New Zealand has the capacity to design, build, test, launch and operate a space telescope capable of detecting atmospheres on alien worlds.

  1. For alien life to exist on the surface of a world, we postulate that the world must have an atmosphere,
  2. There are thousands of exoplanets known for which we can try and detect an atmosphere,
  3. The presence and constituents of an alien world atmosphere can be determined using spectroscopy, during planetary transits,
  4. Some of the strongest evidence is found at ultraviolet wavelengths,
  5. UV observations of this type have to be made in space, because Earth’s atmosphere blocks UV light,
  6. New Zealand researchers have long experience with exoplanet detection science and spectroscopy.

So a space telescope, operating in space and optimised to collect spectroscopic data in the UV, is what we’re proposing.

  1. Funding in New Zealand is scarce for fundamental research,
  2. Space missions are expensive,

So if New Zealand wants to fly a fundamental science mission in space, it needs to be as cheap as possible.

  1. Rocket Lab (and other launch providers) can deploy satellites to orbit as so-called “ride-share” missions.

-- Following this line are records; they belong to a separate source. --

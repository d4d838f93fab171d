-- ===== src/Levels/Lookup.antt =====
-- `SstableReader::get`, against the order of the tables from the newest to the oldest.
use mirdb.Prelude.{
  ℕ, zero, suc, ◌+◌, ◌≡◌, refl, sym, ap, ◌∙◌, Bool, true, false, Option, none, some, List, [], ◌∷◌,
  ◌++◌, reverse, length, get_elem?, if◌then◌else◌, Slice, arith,
}
use mirdb.Error.{MyResult}
use mirdb.Levels.{
  ReaderOps, filter, covers, search_level, search_readers, or_else, get_first, get_found, get_from,
}
use mirdb.Levels.Search.{IsApart, search_level-filter}

-- What the levels rely on of a reader: it has a map, and finds what that has; a key that the map has
-- is between the least and the greatest key.
pub record ReaderLaws (ops : ReaderOps) : Type 1 where
  pub content : ops.Reader → Slice → Option Slice
  pub get_content :
      (k : Slice) (r : ops.Reader) (o : Option Slice)
      → ops.get k r ≡ MyResult.ok o
      → o ≡ content r k
  pub content_covered :
      (k : Slice) (r : ops.Reader) (v : Slice) → content r k ≡ some v → covers ops k r ≡ true

-- The first value, if there is one.
abbrev pub first_some : {A : Type 0} → Option A → Option A → Option A
first_some none o = o
first_some (some a) o = some a

module _ (ops : ReaderOps) (laws : ReaderLaws ops) where
  open ops use {Reader}
  open laws use {content}

  abbrev pub first_content : Slice → List Reader → Option Slice
  first_content key [] = none
  first_content key (r ∷ rs) = first_some (content r key) (first_content key rs)

  -- The first level grows at its end; newer tables go first.
  abbrev pub in_order : ℕ → List Reader → List Reader
  in_order zero rs = reverse rs
  in_order (suc level) rs = rs

  abbrev pub candidates : ℕ → List (List Reader) → List Reader
  candidates level [] = []
  candidates level (rs ∷ levels) = in_order level rs ++ candidates (suc level) levels

  abbrev pub IsLevel : ℕ → List Reader → Type 0
  IsLevel zero rs = Unit
  IsLevel (suc level) rs = IsApart ops rs

  abbrev pub AreLevels : ℕ → List (List Reader) → Type 0
  AreLevels level [] = Unit
  AreLevels level (rs ∷ levels) = IsLevel level rs × AreLevels (suc level) levels

  first_content-append :
      (key : Slice) (xs ys : List Reader)
      → first_content key (xs ++ ys) ≡ first_some (first_content key xs) (first_content key ys)
  first_content-append key [] ys = refl
  first_content-append key (x ∷ xs) ys = go (content x key) (first_content-append key xs ys)
    where
      go :
          (o : Option Slice)
          → first_content key (xs ++ ys) ≡ first_some (first_content key xs) (first_content key ys)
          → first_some o (first_content key (xs ++ ys))
            ≡ first_some (first_some o (first_content key xs)) (first_content key ys)
      go none ih = ih
      go (some v) ih = refl

  not_covered : (key : Slice) (r : Reader) → covers ops key r ≡ false → content r key ≡ none
  not_covered key r h = go (content r key) refl
    where
      go : (o : Option Slice) → content r key ≡ o → o ≡ none
      go none e = refl
      go (some v) e = absurd (cc (laws.content_covered key r v e, h))

  first_content-filter :
      (key : Slice) (rs : List Reader)
      → first_content key (filter (covers ops key) rs) ≡ first_content key rs
  first_content-filter key [] = refl
  first_content-filter key (r ∷ rs) = go (covers ops key r) refl (first_content-filter key rs)
    where
      go :
          (c : Bool)
          → covers ops key r ≡ c
          → first_content key (filter (covers ops key) rs) ≡ first_content key rs
          → first_content key
              (if c then r ∷ filter (covers ops key) rs else filter (covers ops key) rs)
            ≡ first_some (content r key) (first_content key rs)
      go true e ih = ap (first_some (content r key)) ih
      go false e ih = rw (not_covered key r e) ih

  or_else-ok :
      (a b : MyResult (Option Slice)) (x y o : Option Slice)
      → ((o : Option Slice) → a ≡ MyResult.ok o → o ≡ x)
      → ((o : Option Slice) → b ≡ MyResult.ok o → o ≡ y)
      → or_else a b ≡ MyResult.ok o
      → o ≡ first_some x y
  or_else-ok (MyResult.ok none) b x y o f g h = let e = f none refl in rw (← e) (g o h)
  or_else-ok (MyResult.ok (some v)) b x y o f g h = let e = f (some v) refl in rw (← e) (cc h)
  or_else-ok (MyResult.err e) b x y o f g h = cc
  or_else-ok MyResult.panic b x y o f g h = cc

  get_first-content :
      (key : Slice) (rs : List Reader) (o : Option Slice)
      → get_first ops key rs ≡ MyResult.ok o
      → o ≡ first_content key rs
  unfolding get_first
  get_first-content key [] o h = cc
  get_first-content key (r ∷ rs) o h =
      or_else-ok (ops.get key r) (get_first ops key rs) (content r key) (first_content key rs) o
        (laws.get_content key r) (get_first-content key rs) h

  search-filter :
      (level : ℕ) (rs : List Reader) (key : Slice)
      → IsLevel level rs
      → search_level ops level rs key ≡ some (filter (covers ops key) (in_order level rs))
  unfolding search_level
  search-filter zero rs key a = refl
  search-filter (suc level) rs key a = search_level-filter ops level rs key a

  -- From `level` on, the levels are those of the list.
  abbrev From : ℕ → List (List Reader) → List (List Reader) → Type 0
  From level all levels = (i : ℕ) → get_elem? all (level + i) ≡ get_elem? levels i

  From-next :
      (level : ℕ) (all : List (List Reader)) (rs : List Reader) (levels : List (List Reader))
      → From level all (rs ∷ levels)
      → From (suc level) all levels
  From-next level all rs levels f i =
      let e : suc level + i ≡ level + suc i = omega arith in ap (get_elem? all) e ∙ f (suc i)

  From-first :
      (level : ℕ) (all : List (List Reader)) (rs : List Reader) (levels : List (List Reader))
      → From level all (rs ∷ levels)
      → get_elem? all level ≡ some rs
  From-first level all rs levels f =
      let e : level ≡ level + 0 = omega arith in ap (get_elem? all) e ∙ f 0

  search_readers-first :
      (level : ℕ) (all : List (List Reader)) (rs : List Reader) (key : Slice)
      → get_elem? all level ≡ some rs
      → IsLevel level rs
      → search_readers ops all level key ≡ some (filter (covers ops key) (in_order level rs))
  unfolding search_readers
  search_readers-first level all rs key e a = rw (search_readers, e) (search-filter level rs key a)

  get_found-content :
      (key : Slice) (rs : List Reader) (found : Option (List Reader))
      → found ≡ some (filter (covers ops key) rs)
      → (o : Option Slice) → get_found ops key found ≡ MyResult.ok o
      → o ≡ first_content key rs
  unfolding get_found
  get_found-content key rs found e o h =
      get_first-content key _ o (rw e at h) ∙ first_content-filter key rs

  get_from-candidates :
      (level : ℕ) (all levels : List (List Reader)) (key : Slice) (o : Option Slice)
      → From level all levels
      → AreLevels level levels
      → get_from ops (length levels) level all key ≡ MyResult.ok o
      → o ≡ first_content key (candidates level levels)
  unfolding get_from
  get_from-candidates level all [] key o f a h = cc
  get_from-candidates level all (rs ∷ levels) key o f (a, b) h =
      let next : level + 1 ≡ suc level = omega arith in
      let rest : (o : Option Slice)
          → get_from ops (length levels) (level + 1) all key ≡ MyResult.ok o
          → o ≡ first_content key (candidates (suc level) levels) =
        λ o k.
          get_from-candidates (suc level) all levels key o (From-next level all rs levels f) b
            (rw next at k) in
      or_else-ok _ _ (first_content key (in_order level rs))
        (first_content key (candidates (suc level) levels)) o
        (get_found-content key (in_order level rs) _
          (search_readers-first level all rs key (From-first level all rs levels f) a))
        rest h
      ∙ sym (first_content-append key (in_order level rs) (candidates (suc level) levels))

-- A lookup through all levels, the first in any order and the others with ranges that follow each other
-- without a key in common: if no reader fails, it finds what the first of all the readers that has the key
-- has for it, the readers of the first level from the newest to the oldest, then those of the next levels.
pub get_from-newest :
    (ops : ReaderOps) (laws : ReaderLaws ops) (levels : List (List ops.Reader)) (key : Slice)
    (o : Option Slice)
    → AreLevels ops laws 0 levels
    → get_from ops (length levels) 0 levels key ≡ MyResult.ok o
    → o ≡ first_content ops laws key (candidates ops laws 0 levels)
get_from-newest ops laws levels key o a h =
    get_from-candidates ops laws 0 levels levels key o (λ i. ap (get_elem? levels) (omega arith)) a
      h
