-- ===== src/DataManager/View.antt =====
-- The map from keys to payloads that clients see of the data manager and `get`.
use mirdb.Prelude.{◌≡◌, refl, sym, ap, ◌∙◌, List, [], ◌∷◌, Option, none, some, length, Slice}
use mathlib.Core.Path.{subst}
use mirdb.Error.{MyResult}
use mirdb.Payload.{StorePayload}
use mirdb.Memtable
use mirdb.Memtable.{MapLaws}
use mirdb.Levels.{get_from}
use mirdb.Levels.Lookup.{
  ReaderLaws, AreLevels, candidates, first_content, first_some, get_from-newest,
}
use mirdb.DataManager.{Parts, DataManager, find_memory, from_readers, unwrapped, get}

-- What reading and writing rely on of the parts of the data manager.
pub record PartLaws (parts : Parts) : Type 1 where
  pub maps_laws : MapLaws parts.maps
  pub readers_laws : ReaderLaws parts.readers
  pub deserialize_serialize :
      (v : Option StorePayload) (b : Slice)
      → parts.serialize v ≡ MyResult.ok b
      → parts.deserialize b ≡ MyResult.ok v

abbrev pub payload_of : MyResult (Option StorePayload) → Option StorePayload
payload_of (MyResult.ok o) = o
payload_of _ = none

module _ (parts : Parts) (laws : PartLaws parts) where
  -- What the first of the tables that has the key has for it.
  abbrev pub newest_in : List (Memtable.Memtable parts.maps) → Slice → Option Slice
  newest_in [] k = none
  newest_in (t ∷ tables) k = first_some (parts.maps.find k t.map) (newest_in tables k)

  -- The newest entry of a key: of the mutable table before the immutable ones, of these from the front,
  -- before the levels.
  abbrev pub raw : DataManager parts → Slice → Option Slice
  raw s k = first_some (newest_in (s.muttable ∷ s.immuttable) k) (
      first_content parts.readers laws.readers_laws k
        (candidates parts.readers laws.readers_laws 0 s.levels))

  get_list-newest_in :
      (tables : List (Memtable.Memtable parts.maps)) (k : Slice)
      → Memtable.get_list parts.maps k tables ≡ newest_in tables k
  get_list-newest_in [] k = refl
  get_list-newest_in (t ∷ tables) k = go (parts.maps.find k t.map) (get_list-newest_in tables k)
    where
      go :
          (o : Option Slice)
          → Memtable.get_list parts.maps k tables ≡ newest_in tables k
          → elim o [ none ↦ Memtable.get_list parts.maps k tables | some v ↦ some v ]
            ≡ first_some o (newest_in tables k)
      go none ih = ih
      go (some v) ih = refl

  -- The search in memory comes to the newest entry.
  pub find_memory-newest_in :
      (s : DataManager parts) (k : Slice)
      → find_memory parts s k ≡ newest_in (s.muttable ∷ s.immuttable) k
  unfolding find_memory
  find_memory-newest_in s k =
      go (parts.maps.find k s.muttable.map) (get_list-newest_in s.immuttable k)
    where
      go :
          (o : Option Slice)
          → Memtable.get_list parts.maps k s.immuttable ≡ newest_in s.immuttable k
          → elim o [ none ↦ Memtable.get_list parts.maps k s.immuttable | some v ↦ some v ]
            ≡ first_some o (newest_in s.immuttable k)
      go none ih = ih
      go (some v) ih = refl

  -- The bytes of a key, and the payload that they show: none if the key has been removed.
  abbrev pub shown : Option Slice → Option StorePayload
  shown none = none
  shown (some b) = payload_of (parts.deserialize b)

  abbrev pub view : DataManager parts → Slice → Option StorePayload
  view s k = shown (raw s k)

  abbrev pub IsOpen : DataManager parts → Type 0
  IsOpen s =
      (length s.levels ≡ parts.max_level) × AreLevels parts.readers laws.readers_laws 0 s.levels

  payload_of-ok :
      (a : MyResult (Option StorePayload)) (r : Option StorePayload)
      → a ≡ MyResult.ok r
      → r ≡ payload_of a
  payload_of-ok a r e = rw e refl

  unwrapped-ok :
      (a : MyResult (Option StorePayload)) (r : Option StorePayload)
      → unwrapped parts a ≡ MyResult.ok r
      → r ≡ payload_of a
  unwrapped-ok (MyResult.ok o) r e = cc
  unwrapped-ok (MyResult.err x) r e = cc
  unwrapped-ok MyResult.panic r e = cc

  from_readers-ok :
      (a : MyResult (Option Slice)) (x : Option Slice) (r : Option StorePayload)
      → ((o : Option Slice) → a ≡ MyResult.ok o → o ≡ x)
      → from_readers parts a ≡ MyResult.ok r
      → r ≡ shown x
  from_readers-ok (MyResult.ok none) x r f e = let g = f none refl in rw (← g) (cc e)
  from_readers-ok (MyResult.ok (some b)) x r f e =
      let g = f (some b) refl in rw (← g) (unwrapped-ok (parts.deserialize b) r e)
  from_readers-ok (MyResult.err y) x r f e = cc
  from_readers-ok MyResult.panic x r f e = cc

-- A lookup that succeeds, in a manager whose levels are in order, answers what the view shows, and
-- changes nothing. The newest entry counts: of the mutable table before the immutable ones, from the
-- newest to the oldest, before the levels; an entry that marks a removed key shows none.
pub get-view :
    (parts : Parts) (laws : PartLaws parts) (s : DataManager parts) (k : Slice)
    (r : Option StorePayload)
    → IsOpen parts laws s
    → (get parts k s).1 ≡ MyResult.ok r
    → (r ≡ view parts laws s k) × ((get parts k s).0 ≡ s)
unfolding get
get-view parts laws s k r (n, a) h = (
  go (find_memory parts s k) h
      ∙ ap
          (λ o. shown parts laws (
            first_some o (
              first_content parts.readers laws.readers_laws k
                (candidates parts.readers laws.readers_laws 0 s.levels))))
          (find_memory-newest_in parts laws s k),
  refl,
)
  where
    go :
        (o : Option Slice)
        → elim o [
          | some b ↦ parts.deserialize b
          | none ↦ from_readers parts (get_from parts.readers parts.max_level 0 s.levels k)
        ]
          ≡ MyResult.ok r
        → r
          ≡ shown parts laws (
              first_some o (
                first_content parts.readers laws.readers_laws k
                  (candidates parts.readers laws.readers_laws 0 s.levels)))
    go (some b) e = payload_of-ok parts laws (parts.deserialize b) r e
    go none e =
        from_readers-ok parts laws (get_from parts.readers parts.max_level 0 s.levels k) _ r
          (λ o f.
            get_from-newest parts.readers laws.readers_laws s.levels k o a
              (subst (λ m. get_from parts.readers m 0 s.levels k ≡ MyResult.ok o) (sym n) f))
          e
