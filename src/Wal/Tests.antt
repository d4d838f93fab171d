-- ===== src/Wal/Tests.antt =====
-- Runs of a log whose codec puts a byte in front.
use mirdb.Prelude.{
  ℕ, ◌+◌, ◌*◌, ◌/◌, ◌%◌, ◌<◌, ◌≡◌, refl, sym, ap, arith, some, [], ◌∷◌, ◌++◌, length, drop, Slice,
  codes,
}
use mirdb.ParserUtil.{u32_bound}
use mirdb.Error.{MyResult}
use mirdb.Wal.{WalOps, WalSeg, padding, record_of, seg_append, seg_items}
use mirdb.Wal.Records.{WalLaws, IsLog, seg_items-IsLog}
use mirdb.Wal.Append.{IsSeg, seg_append-IsSeg}

abbrev le_bytes : ℕ → Slice
le_bytes n = n % 256 ∷ (n / 256) % 256 ∷ (n / 65536) % 256 ∷ (n / 16777216) % 256 ∷ []

abbrev le_value : Slice → ℕ
le_value (a ∷ b ∷ c ∷ d ∷ _) = a + 256 * b + 65536 * c + 16777216 * d
le_value _ = 0

abbrev plain_ops : WalOps
plain_ops = record {
  compress = λ x. MyResult.ok (1 ∷ x);
  decompress = λ c. MyResult.ok (drop 1 c);
  encode_fixed = le_bytes;
  decode_fixed = le_value;
  write_all = λ file buf. (file ++ buf, MyResult.ok tt);
  flush = λ file. MyResult.ok tt;
  create = λ n. MyResult.ok tt;
  delete = λ n. MyResult.ok tt;
}

le_bytes-value : (n : ℕ) → n < u32_bound → le_value (le_bytes n) ≡ n
le_bytes-value n h = omega arith

prefixed : (x c : Slice) → MyResult.ok (1 ∷ x) ≡ MyResult.ok c → 1 ∷ x ≡ c
prefixed x c e = cc

plain_laws : WalLaws plain_ops
plain_laws = record {
  length_encode = λ n h. refl;
  decode_encode = le_bytes-value;
  decompress_compress = λ x c e. ap (λ d. MyResult.ok (drop 1 d)) (sym (prefixed x c e));
  compress_some = λ x c e. omega (arith, ap length (prefixed x c e));
  write_all_appends = λ file buf e. refl;
}

abbrev empty_seg : WalSeg
empty_seg = record { file = []; size = 0; number = 0 }

abbrev one_seg : WalSeg
one_seg = (seg_append plain_ops (codes "abc") (codes "x") empty_seg).0

abc_x-fits :
    (kb vb : Slice)
    → MyResult.ok (1 ∷ codes "abc") ≡ MyResult.ok kb
    → MyResult.ok (1 ∷ codes "x") ≡ MyResult.ok vb
    → length kb + length vb < u32_bound
abc_x-fits kb vb e f =
    omega (arith, ap length (prefixed (codes "abc") kb e), ap length (prefixed (codes "x") vb f))

seg_append-IsSeg_example : IsSeg plain_ops plain_laws ((codes "abc", codes "x") ∷ []) one_seg
unfolding seg_append
seg_append-IsSeg_example =
    seg_append-IsSeg plain_ops plain_laws [] (codes "abc") (codes "x") empty_seg one_seg
      (refl, refl) abc_x-fits refl

abbrev one_file : Slice
one_file = 6 ∷ 0 ∷ 0 ∷ 0 ∷ 4 ∷ 0 ∷ 0 ∷ 0 ∷ 1 ∷ 97 ∷ 98 ∷ 99 ∷ 1 ∷ 120 ∷ 0 ∷ 0 ∷ 0 ∷ 0 ∷ 0 ∷ 0 ∷ []

one_file-IsLog : IsLog plain_ops plain_laws ((codes "abc", codes "x") ∷ []) one_file
unfolding record_of padding
one_file-IsLog = (1 ∷ codes "abc", 1 ∷ codes "x", [], (refl, refl, omega arith), refl, refl)

seg_items-IsLog_example : seg_items plain_ops one_file ≡ some ((codes "abc", codes "x") ∷ [])
seg_items-IsLog_example =
    seg_items-IsLog plain_ops plain_laws ((codes "abc", codes "x") ∷ []) one_file one_file-IsLog
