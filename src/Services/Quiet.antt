-- ===== src/Services/Quiet.antt =====
-- A service that knows no object and accepts every write: what the tests vary.
use karlon.Base.{true, some, []}
use karlon.Base.Result.{Error, ok, err, kube, grpc, message}
use karlon.Services.{
  Call, Answer, Api, cluster_get, registration_get, call_home_get, app_profile_get,
  app_profile_list, secret_get, secret_list, config_map_get, rest_config, new_clientset,
  install_manager_rbac, remote_secret_get, write_kubeconfig, application_get, application_create,
  application_update, argo_cluster_get,
}

abbrev pub missing : Error
missing = kube true "not found"

-- gRPC's NotFound is 5
abbrev pub no_application : Error
no_application = grpc (some 5) "not found"

abbrev pub quiet : (c : Call) → Answer c
quiet (cluster_get ns n) = err missing
quiet (registration_get ns n) = err missing
quiet (call_home_get ns n) = err missing
quiet (app_profile_get ns n) = err missing
quiet app_profile_list = ok []
quiet (Call.app_profile_list_in _) = ok []
quiet (secret_get ns n) = err missing
quiet (secret_list ns selector) = ok []
quiet (config_map_get ns n) = err missing
quiet (rest_config d) = ok d
quiet (new_clientset c) = ok c
quiet (install_manager_rbac c) = ok "token"
quiet (remote_secret_get c ns n) = err missing
quiet (write_kubeconfig u c t) = ok "kubeconfig"
quiet (application_get n) = err no_application
quiet (application_create a) = ok a
quiet (application_update a) = ok a
quiet (argo_cluster_get n) = err no_application
quiet (Call.cluster_helper _) = ok tt
quiet (Call.cluster_patch _) = ok tt
quiet (Call.cluster_status_update _) = ok tt
quiet (Call.registration_helper _) = ok tt
quiet (Call.registration_patch _) = ok tt
quiet (Call.registration_status_update _) = ok tt
quiet (Call.call_home_status_update _) = ok tt
quiet (Call.app_profile_status_update _) = ok tt
quiet (Call.service_account_get _ _) = ok tt
quiet (Call.config_map_create _ _) = ok tt
quiet (Call.config_map_update _ _) = ok tt
quiet (Call.config_map_delete _ _) = ok tt
quiet (Call.remote_secret_create _ _ _) = ok tt
quiet (Call.application_list _) = ok []
quiet (Call.app_set_list _ _) = ok []
quiet (Call.app_set_get ns n) = err missing
quiet (Call.application_object_get ns n) = err missing
quiet (Call.app_set_update _) = ok tt
quiet Call.cluster_client = ok tt
quiet Call.argo_cluster_list = ok []
quiet (Call.argo_cluster_update _) = ok tt
quiet Call.kube_client = ok tt
quiet (Call.profile_get _ _) = err missing
quiet (Call.profile_list _) = ok []
quiet (Call.profile_create _) = ok tt
quiet (Call.profile_update _) = ok tt
quiet (Call.profile_delete _ _) = ok tt
quiet (Call.secret_create _ _) = ok tt
quiet (Call.secret_update _ _) = ok tt
quiet (Call.secret_delete _ _) = ok tt
quiet (Call.secret_patch _) = ok tt
quiet (Call.config_map_list _ _) = ok []
quiet Call.runtime_client = ok tt
quiet (Call.read_file _) = err missing
quiet (Call.file_make_dirs _ _) = ok tt
quiet (Call.file_truncate _ _) = ok tt
quiet Call.default_config_dir = ok "/home/user/.config/argocd"
quiet (Call.path_stat _) = ok tt
quiet (Call.path_make_dirs _) = ok tt
quiet (Call.path_open _) = ok tt
quiet (Call.path_read _) = ok ""
quiet (Call.path_truncate _) = ok tt
quiet (Call.path_write _ _) = ok tt
quiet Call.prompt_password = "secret"
quiet (Call.path_write_file _ _) = ok tt
quiet (Call.make_temp_dir _) = ok "/tmp/kkarlon-1"
quiet (Call.get_env _) = "set"
quiet (Call.set_env _ _) = ok tt
quiet (Call.ask_to_proceed _) = true
quiet (Call.look_path _) = ok tt
quiet (Call.run_command _) = ok "v1.25.0"
quiet (Call.run_aws_admin _) = ok tt
quiet (Call.aws_credentials _) = ok "chain"
quiet (Call.render_credentials _) = ok "profile"
quiet Call.capi_client = ok tt
quiet Call.capi_config = ok tt
quiet Call.default_core_provider = ""
quiet (Call.capi_init _) = ok tt
quiet (Call.capi_template _ _ _ _) = ok "template"
quiet (Call.template_yaml _) = ok "kind: Cluster"
quiet Call.client_config = ok tt
quiet (Call.build_config _) = ok tt
quiet (Call.namespace_get _) = ok tt
quiet (Call.namespace_create _) = ok tt
quiet (Call.deployment_get _ _) = ok []
quiet (Call.object_create _) = ok tt
quiet (Call.pod_list _ _) = ok []
quiet (Call.port_forward_open _) = ok tt
quiet Call.port_forward_ports = ok []
quiet Call.port_forward_stop = tt
quiet (Call.http_get _) = ok ""
quiet (Call.argo_login _ _) = tt
quiet (Call.create_token _) = ok "token"
quiet Call.default_config_path = ok "/home/user/.config/argocd/config"
quiet (Call.path_remove _) = ok tt
quiet (Call.path_remove_all _) = ok tt
quiet (Call.file_overwrite _ _) = ok tt
quiet (Call.git_clone_branch _ _ _) = ok tt
quiet (Call.git_add_file _ _) = ok tt
quiet (Call.repo_validate_access _) = ok tt
quiet (Call.repo_create creds) = ok creds.url
quiet (Call.app_set_delete _ _) = ok tt
quiet (Call.git_clone _ _ _ _) = ok tt
quiet (Call.git_worktree _) = ok tt
quiet (Call.git_status _) = ok []
quiet (Call.git_add _ _) = tt
quiet (Call.git_commit _ _) = ok tt
quiet (Call.git_push _ _) = ok tt
quiet (Call.file_read_dir _ _) = ok []
quiet (Call.file_lstat _ _) = err (message "no such file")
quiet (Call.file_stat _ _) = ok tt
quiet (Call.file_remove _ _) = ok tt
quiet (Call.file_create _ _) = ok tt
quiet (Call.file_write _ _ _) = ok tt
quiet (Call.dir_remove_all _) = tt
quiet (Call.manifest_infos _) = ok []
quiet Call.application_client = ok tt
quiet (Call.application_delete _) = ok tt
quiet (Call.argo_cluster_create _ _ _) = ok tt
quiet (Call.argo_cluster_delete _ _) = ok tt

-- a service whose answers do not depend on what was called before
abbrev pub fixed : ((c : Call) → Answer c) → Api
fixed answers = record { World = Unit {0}; answer = λ c w. (answers c, w) }
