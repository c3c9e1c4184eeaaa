-- ===== src/App/Tests.antt =====
-- Apps at concrete inputs.
use karlon.Base.{◌≡◌, refl, true, false, none, [], ◌∷◌}
use karlon.Base.Result.{ok}
use karlon.Services.{Call, Answer, State, app_set_get}
use karlon.Services.Quiet.{quiet, fixed}
use karlon.App.{create}

no_automation :
    (create "argocd" "nginx" "web" "default" "apps" "https://git" "main" false
      true).template.automated
    ≡ none
unfolding create
no_automation = refl

abbrev foreign : (c : Call) → Answer c
foreign (app_set_get ns name) =
    ok (record { name = name; labels = ("managed-by", "helm") ∷ []; generators = [] })
foreign c = quiet c

abbrev start : State (fixed foreign)
start = record { world = tt; calls = [] }
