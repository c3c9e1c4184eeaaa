-- ===== src/Base/Sets.antt =====
-- The sets of golang-set as slices without repetition, in order of insertion: the library leaves the
-- order of an iteration open, and no theorem depends on it.
use mathlib.Core.Path.{◌≡◌, refl, sym, ◌∙◌}
use mathlib.Core.Logic.{◌↔◌}
use mathlib.Core.Bool.{Bool, true, ◌&&◌, ◌||◌, false≢true}
use mathlib.Core.List.{List, [], ◌∷◌, ◌++◌}
use native.Mathlib.Omega.{arith}
use Prim.Native.String.{String}
use text.Mathlib.TextEquality.{eq_iff}
use text.Mathlib.TextPositions.{eq_refl}
use karlon.Base.Tests.{◌==◌, if◌then◌else◌}
use karlon.Base.Lists.{contains}

unfoldable pub add : String → List String → List String
add x s = if contains x s then s else s ++ x ∷ []

-- adding the elements of a slice, or of a set
unfoldable pub add_all : List String → List String → List String
add_all [] s = s
add_all (x ∷ xs) s = add_all xs (add x s)

-- NewSet(xs...)
abbrev pub from_slice : List String → List String
from_slice xs = add_all xs []

-- s.Union(t)
abbrev pub union : List String → List String → List String
union s t = add_all t s

unfoldable pub is_subset : List String → List String → Bool
is_subset [] t = true
is_subset (x ∷ xs) t = contains x t && is_subset xs t

-- s.Equal(t)
unfoldable pub equal_sets : List String → List String → Bool
unfolding is_subset
equal_sets s t = is_subset s t && is_subset t s

pub contains-append :
    (x : String) (xs ys : List String) → contains x (xs ++ ys) ≡ (contains x xs || contains x ys)
unfolding contains
contains-append x [] ys = refl
contains-append x (y ∷ xs) ys = ground (arith, contains-append x xs ys)

pub contains-add :
    (x y : String) (s : List String) → contains x (add y s) ≡ (x == y || contains x s)
unfolding add contains
contains-add x y s = ground (arith, contains-append x s (y ∷ []), eq_iff x y)

pub contains-add_all :
    (x : String) (ys s : List String) → contains x (add_all ys s) ≡ (contains x ys || contains x s)
unfolding add_all contains
contains-add_all x [] s = refl
contains-add_all x (y ∷ ys) s = ground (arith, contains-add_all x ys (add y s), contains-add x y s)

is_subset_sound :
    (s t : List String) (x : String)
    → is_subset s t ≡ true
    → contains x s ≡ true
    → contains x t ≡ true
unfolding is_subset contains
is_subset_sound [] t x h m = absurd (false≢true m)
is_subset_sound (y ∷ s) t x h m = ground (arith, is_subset_sound s t x, eq_iff x y)

is_subset_complete :
    (s t : List String)
    → ((x : String) → contains x s ≡ true → contains x t ≡ true)
    → is_subset s t ≡ true
unfolding is_subset contains
is_subset_complete [] t h = refl
is_subset_complete (y ∷ s) t h =
    let first : contains y t ≡ true = h y (rw (eq_refl y)) in
    let others : is_subset s t ≡ true = is_subset_complete s t (λ x m. h x (ground arith)) in
    rw (first, others)

pub equal_sets_iff :
    (s t : List String) → (equal_sets s t ≡ true) ↔ ((x : String) → contains x s ≡ contains x t)
unfolding equal_sets
equal_sets_iff s t = (
  λ h x. ground (arith, is_subset_sound s t x, is_subset_sound t s x),
  λ h.
      let left : is_subset s t ≡ true = is_subset_complete s t (λ x m. sym (h x) ∙ m) in
      let right : is_subset t s ≡ true = is_subset_complete t s (λ x m. h x ∙ m) in
      rw (left, right),
)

This is a relatively cheap method for getting craft into orbit,
  2. Rideshare spacecraft are typically built according to the “CubeSat” standard; a prescription that makes the acceptance of a spacecraft as a rideshare mission more straightforward,
  3. Building a telescope into a CubeSat requires either (i) chopping up the primary mirror to fit wholly within the CubeSat frame, or (ii) having a mechanism that deploys a telescope optical assembly, or (iii) using ultrafast optics, such as a monolithic telescope,

This is not a new idea: The Colorado University Space Telescope (CUTE) is currently in orbit and collecting data, in the UV, from a CubeSat comprising a truncated primary mirror. The CUTE utilises option (i), above. Option (i) is simpler mechanically, but in cutting up the telescope primary mirror, you lose light collecting power. Option (ii) allows for a larger primary mirror, but requires a deployment mechanism (already a risky prospect) to operate flawlessly and arrange itself to within optical tolerances (which are very tight). Option (iii) looks like a promising means by which a telescope can be formed out of a monolithic block of silicon and in which the reflecting surfaces are guaranteed to be always aligned.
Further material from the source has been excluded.